In a wide-spanning interview with writers Tini Howard (who writes Betsy’s adventures in Excalibur) and Zeb Wells (who writes Kwannon’s adventures in Hellions), the pair discussed the impact of the Psylocke body swap controversy and how they tried to resolve it as best as they could.

Howard noted that the Psylocke/Kwannon controversy came up soon into the “Dawn of X” era, “That’s something that we talked about from the very first X-meeting I was in. Even before we started forming our own stories, we talked about, ‘what are some things that are really important to us, some things we want to set up the way they deserve’? One of them was a resolution to that Psylocke situation that wasn’t just these two characters fighting until they got along.

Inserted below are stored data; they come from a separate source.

-- ===== src/Mpt/Tally.antt =====
-- Counting what the marking system was asked (apps/api/src/http-mpt.adapter.ts): logins and refreshes
-- of tokens count for nothing.
use native.Mathlib.Nat.{zero-add}
use mark_solutions.Base.{
  ℕ, ◌+◌, ◌≡◌, refl, ◌∙◌, ap, Bool, true, false, ◌&&◌, ◌||◌, not, Option, none, some, List, [], ◌∷◌,
  ltb, leb, if◌then◌else◌, if_has, length, is_empty, Text,
}
use mark_solutions.Mpt.Values.{Json}
use mark_solutions.Mpt.{
  Config, Response, Call, Exchange, Line, unknown_result, broken_off, Outcome, returned, thrown,
  authenticate, refresh_tokens, send, filled, is_ok, json_of, take_tokens, authenticated,
  take_refreshed, refreshed, raw_fetch, ensure_token, refresh_with, refresh_by,
}

abbrev pub one_if : Bool → ℕ
one_if b = if b then 1 else 0

abbrev pub is_send : Call → Bool
is_send (send p m h b t) = true
is_send _ = false

abbrev pub is_accepting : Option Response → Bool
is_accepting none = false
is_accepting (some r) = ltb r.status 400

abbrev pub is_doubtful : Option Response → Bool
is_doubtful none = true
is_doubtful (some r) = leb 500 r.status

-- How many requests were answered as accepted.
abbrev pub accepted : List Exchange → ℕ
accepted [] = 0
accepted (e ∷ es) = one_if (is_send e.call && is_accepting e.answer) + accepted es

-- How many requests got no answer, or one that leaves open whether they were carried out.
abbrev pub doubtful : List Exchange → ℕ
doubtful [] = 0
doubtful (e ∷ es) = one_if (is_send e.call && is_doubtful e.answer) + doubtful es

abbrev pub is_returned : {A : Type 0} → Outcome A → Bool
is_returned (returned a) = true
is_returned (thrown e) = false

abbrev pub is_unknown : {A : Type 0} → Outcome A → Bool
is_unknown (thrown (unknown_result p)) = true
is_unknown _ = false

-- The connection failed while the body of an answer was read.
abbrev pub is_cut : {A : Type 0} → Outcome A → Bool
is_cut (thrown broken_off) = true
is_cut _ = false

-- No request is accepted or in doubt between two states.
abbrev pub Quiet : Line → Line → Type 0
Quiet l l' = (accepted l'.log ≡ accepted l.log) × (doubtful l'.log ≡ doubtful l.log)

log-take_tokens : (d : Option Json) (l : Line) → (take_tokens d l).1.log ≡ l.log
log-take_tokens none l = refl
log-take_tokens (some d) l = refl

log-authenticated : (r : Option Response) (l : Line) → (authenticated r l).1.log ≡ l.log
unfolding authenticated
log-authenticated none l = refl
log-authenticated (some r) l =
    if_has (λ (x : Outcome (Option Text) × Line). x.1.log ≡ l.log) (not (is_ok r)) _ _ (λ h. refl)
      λ h. log-take_tokens (json_of r) l

log-take_refreshed : (d : Option Json) (l : Line) → (take_refreshed d l).1.log ≡ l.log
log-take_refreshed none l = refl
log-take_refreshed (some d) l = refl

log-refreshed : (r : Option Response) (l : Line) → (refreshed r l).1.log ≡ l.log
unfolding refreshed
log-refreshed none l = refl
log-refreshed (some r) l =
    if_has (λ (x : Outcome (Unit {0}) × Line). x.1.log ≡ l.log) (not (is_ok r)) _ _ (λ h. refl)
      λ h. log-take_refreshed (json_of r) l

-- A call that is no request, and what follows without a call.
Quiet-log :
    (l l' : Line) (call : Call) (a : Option Response)
    → is_send call ≡ false
    → l'.log ≡ record { call = call; answer = a } ∷ l.log
    → Quiet l l'
Quiet-log l l' call a s e =
    let more : List Exchange = record { call = call; answer = a } ∷ l.log in
    let none_accepted : accepted more ≡ accepted l.log = rw s (zero-add _) in
    let none_doubtful : doubtful more ≡ doubtful l.log = rw s (zero-add _) in
    (ap accepted e ∙ none_accepted, ap doubtful e ∙ none_doubtful)

module _ (c : Config) (replies : ℕ → Option Response) where
  pub ensure_token-Quiet : (l : Line) → Quiet l (ensure_token c replies l).1
  unfolding ensure_token
  ensure_token-Quiet l =
      if_has (λ (x : Outcome (Option Text) × Line). Quiet l x.1) (filled l.access_token) _ _
        (λ h. (refl, refl))
        λ h.
          if_has (λ (x : Outcome (Option Text) × Line). Quiet l x.1)
            (is_empty c.login || is_empty c.password) _ _ (λ k. (refl, refl))
            λ k.
              let a = replies (length l.log) in
              let call = authenticate c.login c.password in
              let l' = (raw_fetch c replies call l).1 in
              Quiet-log l (authenticated a l').1 call a refl (log-authenticated a l')

  pub refresh_by-Quiet : (t : Option Text) (l : Line) → Quiet l (refresh_by c replies t l).1
  unfolding refresh_with
  refresh_by-Quiet none l = (refl, refl)
  refresh_by-Quiet (some t) l =
      if_has (λ (x : Outcome (Unit {0}) × Line). Quiet l x.1) (is_empty t) _ _ (λ h. (refl, refl))
        λ h.
          let a = replies (length l.log) in
          let l' = (raw_fetch c replies (refresh_tokens t) l).1 in
          Quiet-log l (refreshed a l').1 (refresh_tokens t) a refl (log-refreshed a l')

It was important not just to us creators but to fans, especially Asian fans and all female fans, who felt bothered or hurt by some of the ways that had been handled over its 30 years. Here’s this problem that’s really tangled and had also become important to people in various ways, so it was really necessary to resolve. This was something I took really seriously, and had my nerves about. But Zeb is incredible as a collaborator, he does such incredible work with Kwannon.”

Wells continued, “I thought a way I could build off what Tini was doing and honor the character, was to make Kwannon the most compelling character apart from all of that as possible. To show that there was a super interesting tragic character under all of that this whole time.”

Howard then added, “We just kind of developed these women having these separate fears and thoughts about each other until they could come together. It ends up being extra fun and satisfying because one thing we can do in these books, because we have so many different books going, we can have conversations feel different or look different or include different details. If you read Hellions, you know Kwannon basically had a psychic therapy session where she killed Betsy Braddock a bunch in her mind. I don’t think Betsy knows that, I don’t think she’s supposed to know that. It’s not important to her to know that, that was Kwannon’s therapy, that was her working through stuff.”

Howard finished by pointing out, “Betsy working through stuff was completely different, and she needed Kwannon to help her out of it. It was based on guilt and complicated stuff. Some of that was scary to write, because a lot of it is my own experience being a bumbling white lady. That’s an experience I can write about. It’s not even like she was being thoughtful about it like ‘i’m trying to get out of this,’ sometimes you get emotional and you’re nervous and you’re gonna do something that doesn’t make any sense because it brings you some kind of catharsis. No, white lady; get in your portal!”